In Berlin will man in neuen Dimensionen denken. Wenn es nach Trainer Jürgen Klinsmann geht, dann bereits in den kommenden Jahren. Im Fan-Chat von Facebook seitens der Hertha verriet der 55-Jährige, wie er die zukünftige Entwicklung sehen, und welche Ziele sich der Verein setzen würde (via Bild): "Spannende Frage! Ich sehe Hertha in den nächsten drei bis fünf Jahren auf jeden Fall europäisch, da wollen wir also oben mitreden und mitspielen!"
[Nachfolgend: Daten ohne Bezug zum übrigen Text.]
-- ===== src/Connector/Safe.antt =====
-- `base_safe_connector` and `safe_connector` of qbus/connector.h: a connector whose calls run under
-- the guards of a locker in shared memory; `safe_connector` opens a barrier after a push, at which
-- timed gets wait. `Life` has the construction and destruction, which lay these out in shared memory.
pub mod Push
pub mod Rounds
pub mod Get
pub mod Ready
pub mod Life
pub mod Users
use qbus.Prelude.{
  ℕ, zero, suc, ◌+◌, Bool, true, false, if◌then◌else◌, List, Option, none, Run, done, spent, fault,
  fault, ◌>>=◌,
}
use qbus.Timespec
use qbus.Timespec.{Timespec}
use qbus.Connector.{Virtuals, is_message}
use qbus.Locker.Guard.{Lockable, Guard, Outcome}
use qbus.Locker.Barrier
use qbus.Locker.Barrier.{Barrier}
use qbus.Locker.Scoped
use qbus.Locker.Sharable

-- The guards that a locker interface chooses for a pop: exclusive, or sharable if every process has
-- a head of its own.
pub data Mode : Type 0 where
  exclusive : Mode
  sharable : Mode

-- What `safe_connector` calls of its barrier.
pub record Barriers (B : Type 0) : Type 0 where
  pub open_barrier : B → B
  pub knock : B → Run B
  pub expect : B → Timespec → Run (B × Bool)

-- A `shared_barrier`, while no other thread moves.
abbrev pub shared_barriers : Barriers Barrier
shared_barriers = record {
  open_barrier = Barrier.open_barrier;
  knock = Barrier.knock;
  expect = λ b timeout. done (Barrier.timed_expect b);
}

pub record Safe (L W B : Type 0) : Type 0 where
  pub locker : L
  pub inner : W
  pub barrier : B
  pub ticks : ℕ

module _ {L : Type 0} (c : Lockable L Timespec) where
  -- Trying and leaving a guard of either kind.
  abbrev pub make_try : Mode → L → Run (Guard L)
  make_try exclusive l = Scoped.make_try c l
  make_try sharable l = Sharable.make_try c l

  abbrev pub make_timed : Mode → L → Timespec → Run (Guard L)
  make_timed exclusive l timeout = Scoped.make_timed c l timeout
  make_timed sharable l timeout = Sharable.make_timed c l timeout

  abbrev pub destroy : Mode → Guard L → Run L
  destroy exclusive g = Scoped.destroy c g
  destroy sharable g = Sharable.destroy c g

module _ {L W P M B : Type 0} (c : Lockable L Timespec) (v : Virtuals W P M) where
  -- The body of a call that tries its guard: `work` if the guard owns the locker, and else
  -- `failed`.
  unfoldable pub guarded : {A : Type 0} → Mode → (W → W × A) → A → Safe L W B → Run (Safe L W B × A)
  guarded mode work failed s = do
    g ← make_try c mode s.locker
    let (w, a) = if g.locked then work s.inner else (s.inner, failed)
    l ← destroy c mode g
    done (record s { locker = l; inner = w }, a)

  unfoldable pub base_push : Safe L W B → ℕ → List ℕ → Run (Safe L W B × Bool)
  base_push s tag source = guarded exclusive (λ w. v.do_push w tag source) false s

  unfoldable pub base_get : Safe L W B → Run (Safe L W B × Option M)
  base_get s = guarded sharable v.do_get none s

  unfoldable pub base_pop : Mode → Safe L W B → Run (Safe L W B × Bool)
  base_pop mode s = guarded mode v.do_pop false s

  module _ (b : Barriers B) (clock : ℕ → Timespec) where
    abbrev pub opened_if : Bool → B → B
    opened_if true barrier = b.open_barrier barrier
    opened_if false barrier = barrier

    -- `do_push` of `safe_connector`: under its own guard it calls `do_push` of
    -- `base_safe_connector`.
    unfoldable pub safe_push : Safe L W B → ℕ → List ℕ → Run (Safe L W B × Bool)
    safe_push s tag source = do
      g ← Scoped.make_try c s.locker
      (s', result) ←
          if g.locked
          then base_push (record s { locker = g.locker }) tag source
          else done (record s { locker = g.locker }, false)
      l ← Scoped.destroy c (record g { locker = s'.locker })
      done (record s' { locker = l; barrier = opened_if result s'.barrier }, result)

    abbrev pub is_early : Timespec → Safe L W B → Bool
    is_early ts s = Timespec.lt (clock s.ticks) ts

    -- `ts - get_monotonic_time()`, after `reads` reads of the clock.
    abbrev pub rest_of : Timespec → Safe L W B → ℕ → Timespec
    rest_of ts s reads = Timespec.sub ts (clock (s.ticks + reads))

    abbrev pub ticked : Safe L W B → ℕ → Safe L W B
    ticked s reads = record s { ticks = s.ticks + reads }

    -- A round of `do_timed_push` and of `do_timed_pop`.
    unfoldable pub timed_round :
        Mode → (W → W × Bool) → Timespec → Safe L W B → Run (Safe L W B × Bool)
    timed_round mode work ts s = do
      g ← make_timed c mode s.locker (rest_of ts s 1)
      let (w, result) = if g.locked then work s.inner else (s.inner, false)
      l ← destroy c mode g
      done (record (ticked s 2) { locker = l; inner = w }, result)

    unfoldable pub push_rounds : ℕ → ℕ → List ℕ → Timespec → Safe L W B → Run (Safe L W B × Bool)
    push_rounds zero tag source ts s = spent
    push_rounds (suc fuel) tag source ts s =
        let round = do
          (s', result) ← timed_round exclusive (λ w. v.do_push w tag source) ts s
          let rest = push_rounds fuel tag source ts s'
          if result then done (record s' { barrier = b.open_barrier s'.barrier }, true) else rest
        in if is_early ts s then round else done (ticked s 1, false)

    unfoldable pub pop_rounds : Mode → ℕ → Timespec → Safe L W B → Run (Safe L W B × Bool)
    pop_rounds mode zero ts s = spent
    pop_rounds mode (suc fuel) ts s =
        let round = do
          (s', result) ← timed_round mode v.do_pop ts s
          let rest = pop_rounds mode fuel ts s'
          if result then done (s', true) else rest
        in if is_early ts s then round else done (ticked s 1, false)

    -- Behind `do_get` in a round of `do_timed_get`: a message is returned; else the thread knocks
    -- at the barrier, unlocks, and expects the barrier to open. The Boolean tells to go on.
    unfoldable pub knock_round : Timespec → Guard L → Safe L W B → Run (Safe L W B × Bool)
    knock_round ts g s = do
      barrier ← b.knock s.barrier
      out ← Sharable.unlock c g
      (barrier', result) ← b.expect barrier (rest_of ts s 2)
      elim out [
        | Outcome.returned g' ↦ do
          l ← Sharable.destroy c g'
          done (record (ticked s 3) { locker = l; barrier = barrier' }, result)
        | Outcome.lock_exception ↦ fault
      ]

    unfoldable pub get_rounds : ℕ → Timespec → Safe L W B → Run (Safe L W B × Option M)
    get_rounds zero ts s = spent
    get_rounds (suc fuel) ts s =
        let round = do
          g ← Sharable.make_timed c s.locker (rest_of ts s 1)
          let (w, pmessage) = v.do_get s.inner
          let found = do
            l ← Sharable.destroy c g
            done (record (ticked s 2) { locker = l; inner = w }, pmessage)
          let missing = do
            (s', on) ← knock_round ts g (record s { inner = w })
            let rest = get_rounds fuel ts s'
            if on then rest else done (s', none)
          let refused = do
            l ← Sharable.destroy c g
            get_rounds fuel ts (record (ticked s 2) { locker = l })
          if g.locked then if is_message pmessage then found else missing else refused
        in if is_early ts s then round else done (ticked s 1, none)

    abbrev pub deadline : Safe L W B → Timespec → Timespec
    deadline s timeout = Timespec.add (clock s.ticks) timeout

    unfoldable pub timed_push : ℕ → Safe L W B → ℕ → List ℕ → Timespec → Run (Safe L W B × Bool)
    timed_push fuel s tag source timeout =
        push_rounds fuel tag source (deadline s timeout) (ticked s 1)

    unfoldable pub timed_pop : Mode → ℕ → Safe L W B → Timespec → Run (Safe L W B × Bool)
    timed_pop mode fuel s timeout = pop_rounds mode fuel (deadline s timeout) (ticked s 1)

    unfoldable pub timed_get : ℕ → Safe L W B → Timespec → Run (Safe L W B × Option M)
    timed_get fuel s timeout = get_rounds fuel (deadline s timeout) (ticked s 1)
Klinsmann will mit der Hertha nach Europa und um Titel spielen


Gewagte Aussagen für einen Coach, der erst seit wenigen Wochen in der sportlichen Verantwortung steht, und das bei einem Verein, der in der aktuellen Saison damit beschäftigt ist, nicht allzu sehr in den Abstiegskampf zu geraten. "Diese Saison ist das Wichtigste aus dem Abstiegsbereich zu kommen", stellte Klinsmann zwar klar - dennoch wolle man demnächst "angreifen in Richtung Europa". Immerhin sei dies eine "klare Zielvorgabe" innerhalb des Hauptstadt-Vereins. 


Doch mit der groben Ausrichtung nicht genug: "Ich hoffe, dass wir in den nächsten drei bis fünf Jahren auch um den Titel mitspielen und die Präsenz im Europacup haben. Das ist so das große Ziel von uns allen hier!" Eine sehr deutliche Ansage - vermessen oder schlicht ambitioniert? Mit der Hilfe des neuen Investors Lars Windhorst, der laut Bild bereits 224 Millionen Euro in den Verein gepumpt hat und ein "enger Vertrauter" von Klinsmann sein soll, sollen diese Ziele angegriffen werden.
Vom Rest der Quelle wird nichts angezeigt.